Exercise objective - Nothing is needed except the lines below that run from the one with "same_files-LocatedIn j k" through the one with "y).number ≡ y.number)", repeated exactly.

Information provided -

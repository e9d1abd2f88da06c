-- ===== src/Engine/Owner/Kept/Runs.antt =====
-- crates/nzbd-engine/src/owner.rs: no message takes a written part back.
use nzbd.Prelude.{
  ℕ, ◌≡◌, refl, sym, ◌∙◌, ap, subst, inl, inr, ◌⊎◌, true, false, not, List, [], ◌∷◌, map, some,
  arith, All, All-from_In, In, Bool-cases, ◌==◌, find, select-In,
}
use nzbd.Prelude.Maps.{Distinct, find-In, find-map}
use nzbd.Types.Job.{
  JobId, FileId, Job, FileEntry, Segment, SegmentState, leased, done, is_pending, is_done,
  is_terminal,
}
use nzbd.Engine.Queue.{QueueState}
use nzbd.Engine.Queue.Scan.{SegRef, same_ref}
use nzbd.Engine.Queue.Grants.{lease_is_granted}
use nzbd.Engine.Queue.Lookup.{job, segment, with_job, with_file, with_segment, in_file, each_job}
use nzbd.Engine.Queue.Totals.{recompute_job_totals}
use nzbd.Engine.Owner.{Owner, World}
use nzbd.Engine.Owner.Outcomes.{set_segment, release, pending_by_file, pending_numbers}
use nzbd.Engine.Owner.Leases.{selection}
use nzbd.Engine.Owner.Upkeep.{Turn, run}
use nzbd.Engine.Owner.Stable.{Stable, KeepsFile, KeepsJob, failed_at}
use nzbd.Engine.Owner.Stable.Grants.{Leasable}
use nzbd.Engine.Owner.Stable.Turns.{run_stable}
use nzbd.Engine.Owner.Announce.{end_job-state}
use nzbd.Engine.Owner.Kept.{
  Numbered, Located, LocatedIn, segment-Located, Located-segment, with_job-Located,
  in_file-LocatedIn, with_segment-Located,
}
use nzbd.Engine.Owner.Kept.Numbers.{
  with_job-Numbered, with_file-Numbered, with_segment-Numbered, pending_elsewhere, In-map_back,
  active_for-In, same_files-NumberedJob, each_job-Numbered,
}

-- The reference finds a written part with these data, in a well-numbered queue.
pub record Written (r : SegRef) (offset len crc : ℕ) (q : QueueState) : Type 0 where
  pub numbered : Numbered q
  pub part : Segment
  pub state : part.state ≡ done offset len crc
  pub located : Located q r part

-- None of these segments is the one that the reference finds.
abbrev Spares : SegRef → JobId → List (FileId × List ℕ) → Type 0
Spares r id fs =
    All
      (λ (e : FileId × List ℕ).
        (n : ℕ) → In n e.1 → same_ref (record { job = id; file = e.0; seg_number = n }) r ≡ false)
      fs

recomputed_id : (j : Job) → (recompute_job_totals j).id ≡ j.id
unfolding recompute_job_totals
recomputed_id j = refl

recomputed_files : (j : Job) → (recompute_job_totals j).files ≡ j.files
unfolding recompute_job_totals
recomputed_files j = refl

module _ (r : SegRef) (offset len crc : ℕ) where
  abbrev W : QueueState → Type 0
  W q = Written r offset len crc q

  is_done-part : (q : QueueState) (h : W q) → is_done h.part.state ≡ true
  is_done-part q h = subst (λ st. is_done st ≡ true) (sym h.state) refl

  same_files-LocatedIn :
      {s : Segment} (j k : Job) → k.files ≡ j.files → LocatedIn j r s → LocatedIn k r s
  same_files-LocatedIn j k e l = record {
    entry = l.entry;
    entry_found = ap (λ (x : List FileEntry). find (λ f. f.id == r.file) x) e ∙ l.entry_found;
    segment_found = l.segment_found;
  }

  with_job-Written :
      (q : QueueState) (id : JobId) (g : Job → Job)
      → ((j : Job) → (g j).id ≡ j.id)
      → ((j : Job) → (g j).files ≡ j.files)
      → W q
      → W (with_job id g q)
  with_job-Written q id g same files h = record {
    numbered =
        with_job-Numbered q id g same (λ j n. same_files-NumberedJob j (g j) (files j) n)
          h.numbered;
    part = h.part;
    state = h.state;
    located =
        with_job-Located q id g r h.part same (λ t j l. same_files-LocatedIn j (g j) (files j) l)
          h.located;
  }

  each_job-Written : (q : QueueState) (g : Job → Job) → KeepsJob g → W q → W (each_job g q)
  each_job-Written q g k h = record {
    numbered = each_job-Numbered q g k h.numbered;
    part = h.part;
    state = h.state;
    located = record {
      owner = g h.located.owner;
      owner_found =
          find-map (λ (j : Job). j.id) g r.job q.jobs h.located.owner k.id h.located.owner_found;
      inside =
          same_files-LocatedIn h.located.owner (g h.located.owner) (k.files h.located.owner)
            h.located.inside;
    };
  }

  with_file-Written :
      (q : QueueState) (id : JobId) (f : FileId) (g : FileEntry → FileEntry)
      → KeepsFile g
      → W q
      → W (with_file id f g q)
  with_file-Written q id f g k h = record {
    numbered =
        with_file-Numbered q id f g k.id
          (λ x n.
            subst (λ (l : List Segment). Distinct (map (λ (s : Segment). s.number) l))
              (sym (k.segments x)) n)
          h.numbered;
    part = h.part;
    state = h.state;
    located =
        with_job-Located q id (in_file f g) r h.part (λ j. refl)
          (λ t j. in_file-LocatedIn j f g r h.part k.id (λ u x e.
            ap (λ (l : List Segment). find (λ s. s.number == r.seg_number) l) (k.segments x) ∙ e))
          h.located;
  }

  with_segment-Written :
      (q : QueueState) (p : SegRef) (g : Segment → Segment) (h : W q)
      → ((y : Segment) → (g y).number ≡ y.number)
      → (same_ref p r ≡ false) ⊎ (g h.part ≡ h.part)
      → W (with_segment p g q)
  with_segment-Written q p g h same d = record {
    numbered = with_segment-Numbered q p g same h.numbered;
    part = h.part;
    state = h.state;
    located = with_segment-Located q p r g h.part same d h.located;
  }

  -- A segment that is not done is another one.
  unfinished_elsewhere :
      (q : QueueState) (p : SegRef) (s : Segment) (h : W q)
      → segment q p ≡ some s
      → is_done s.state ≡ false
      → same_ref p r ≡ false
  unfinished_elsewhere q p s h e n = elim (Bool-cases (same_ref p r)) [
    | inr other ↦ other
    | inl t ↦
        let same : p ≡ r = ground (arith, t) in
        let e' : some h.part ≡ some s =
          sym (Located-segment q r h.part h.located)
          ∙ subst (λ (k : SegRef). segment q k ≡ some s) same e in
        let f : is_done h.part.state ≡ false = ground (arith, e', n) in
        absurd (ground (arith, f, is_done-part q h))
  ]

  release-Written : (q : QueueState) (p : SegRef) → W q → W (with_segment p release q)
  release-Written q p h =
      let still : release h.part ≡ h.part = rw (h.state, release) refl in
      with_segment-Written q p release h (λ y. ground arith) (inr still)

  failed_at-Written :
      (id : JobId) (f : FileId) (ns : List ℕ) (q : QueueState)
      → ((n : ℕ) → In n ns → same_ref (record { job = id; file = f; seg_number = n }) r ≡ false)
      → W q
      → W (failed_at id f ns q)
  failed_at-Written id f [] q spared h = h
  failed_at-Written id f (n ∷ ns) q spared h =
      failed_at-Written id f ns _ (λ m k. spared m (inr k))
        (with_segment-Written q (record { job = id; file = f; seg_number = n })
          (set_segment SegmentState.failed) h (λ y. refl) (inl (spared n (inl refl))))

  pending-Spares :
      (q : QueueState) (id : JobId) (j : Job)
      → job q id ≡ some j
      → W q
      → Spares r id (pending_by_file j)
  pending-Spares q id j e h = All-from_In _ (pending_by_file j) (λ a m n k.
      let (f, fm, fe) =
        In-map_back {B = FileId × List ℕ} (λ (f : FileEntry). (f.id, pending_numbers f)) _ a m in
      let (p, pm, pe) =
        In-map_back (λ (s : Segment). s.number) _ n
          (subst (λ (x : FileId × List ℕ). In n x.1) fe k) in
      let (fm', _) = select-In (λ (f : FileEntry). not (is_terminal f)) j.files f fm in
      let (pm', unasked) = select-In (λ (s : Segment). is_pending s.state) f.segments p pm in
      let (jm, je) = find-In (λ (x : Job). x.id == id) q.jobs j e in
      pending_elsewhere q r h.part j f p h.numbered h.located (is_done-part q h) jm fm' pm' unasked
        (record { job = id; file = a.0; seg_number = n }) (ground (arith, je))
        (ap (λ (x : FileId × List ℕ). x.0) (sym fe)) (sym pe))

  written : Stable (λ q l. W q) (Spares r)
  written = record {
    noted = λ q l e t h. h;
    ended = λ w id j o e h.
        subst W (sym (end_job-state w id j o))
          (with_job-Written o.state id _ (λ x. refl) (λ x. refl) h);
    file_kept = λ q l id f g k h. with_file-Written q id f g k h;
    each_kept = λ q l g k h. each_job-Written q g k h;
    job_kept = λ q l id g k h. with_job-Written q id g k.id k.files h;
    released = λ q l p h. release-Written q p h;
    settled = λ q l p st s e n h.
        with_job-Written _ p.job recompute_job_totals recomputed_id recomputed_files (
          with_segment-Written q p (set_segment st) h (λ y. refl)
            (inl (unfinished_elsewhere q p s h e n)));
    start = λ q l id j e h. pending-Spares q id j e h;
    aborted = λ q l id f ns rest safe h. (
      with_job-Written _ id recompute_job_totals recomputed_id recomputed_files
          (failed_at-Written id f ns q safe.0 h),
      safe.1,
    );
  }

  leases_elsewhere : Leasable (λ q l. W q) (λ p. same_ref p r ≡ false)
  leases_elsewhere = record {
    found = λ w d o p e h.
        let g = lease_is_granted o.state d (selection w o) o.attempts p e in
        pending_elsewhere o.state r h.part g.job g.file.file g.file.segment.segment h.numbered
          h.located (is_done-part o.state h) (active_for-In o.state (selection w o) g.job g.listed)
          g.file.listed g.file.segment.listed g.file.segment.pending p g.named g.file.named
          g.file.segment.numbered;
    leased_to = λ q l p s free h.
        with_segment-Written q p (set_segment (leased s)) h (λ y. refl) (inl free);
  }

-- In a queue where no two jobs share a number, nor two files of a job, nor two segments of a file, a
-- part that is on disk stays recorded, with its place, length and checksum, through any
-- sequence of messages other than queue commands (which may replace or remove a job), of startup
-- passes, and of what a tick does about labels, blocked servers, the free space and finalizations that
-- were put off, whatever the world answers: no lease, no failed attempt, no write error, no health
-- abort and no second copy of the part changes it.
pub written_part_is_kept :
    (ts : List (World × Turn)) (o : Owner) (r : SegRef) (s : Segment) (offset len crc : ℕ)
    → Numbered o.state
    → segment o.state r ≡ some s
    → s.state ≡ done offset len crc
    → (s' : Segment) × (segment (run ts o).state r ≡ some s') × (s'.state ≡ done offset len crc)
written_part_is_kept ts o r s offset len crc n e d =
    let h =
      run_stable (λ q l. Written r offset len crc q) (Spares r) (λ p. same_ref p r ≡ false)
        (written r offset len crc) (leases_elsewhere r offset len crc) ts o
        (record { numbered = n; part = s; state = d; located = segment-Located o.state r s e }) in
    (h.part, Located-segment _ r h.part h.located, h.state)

Answer to this problem -
  same_files-LocatedIn j k e l = record {
    entry = l.entry;
    entry_found = ap (λ (x : List FileEntry). find (λ f. f.id == r.file) x) e ∙ l.entry_found;
    segment_found = l.segment_found;
  }

  with_job-Written :
      (q : QueueState) (id : JobId) (g : Job → Job)
      → ((j : Job) → (g j).id ≡ j.id)
      → ((j : Job) → (g j).files ≡ j.files)
      → W q
      → W (with_job id g q)
  with_job-Written q id g same files h = record {
    numbered =
        with_job-Numbered q id g same (λ j n. same_files-NumberedJob j (g j) (files j) n)
          h.numbered;
    part = h.part;
    state = h.state;
    located =
        with_job-Located q id g r h.part same (λ t j l. same_files-LocatedIn j (g j) (files j) l)
          h.located;
  }

  each_job-Written : (q : QueueState) (g : Job → Job) → KeepsJob g → W q → W (each_job g q)
  each_job-Written q g k h = record {
    numbered = each_job-Numbered q g k h.numbered;
    part = h.part;
    state = h.state;
    located = record {
      owner = g h.located.owner;
      owner_found =
          find-map (λ (j : Job). j.id) g r.job q.jobs h.located.owner k.id h.located.owner_found;
      inside =
          same_files-LocatedIn h.located.owner (g h.located.owner) (k.files h.located.owner)
            h.located.inside;
    };
  }

  with_file-Written :
      (q : QueueState) (id : JobId) (f : FileId) (g : FileEntry → FileEntry)
      → KeepsFile g
      → W q
      → W (with_file id f g q)
  with_file-Written q id f g k h = record {
    numbered =
        with_file-Numbered q id f g k.id
          (λ x n.
            subst (λ (l : List Segment). Distinct (map (λ (s : Segment). s.number) l))
              (sym (k.segments x)) n)
          h.numbered;
    part = h.part;
    state = h.state;
    located =
        with_job-Located q id (in_file f g) r h.part (λ j. refl)
          (λ t j. in_file-LocatedIn j f g r h.part k.id (λ u x e.
            ap (λ (l : List Segment). find (λ s. s.number == r.seg_number) l) (k.segments x) ∙ e))
          h.located;
  }

  with_segment-Written :
      (q : QueueState) (p : SegRef) (g : Segment → Segment) (h : W q)
      → ((y : Segment) → (g y).number ≡ y.number)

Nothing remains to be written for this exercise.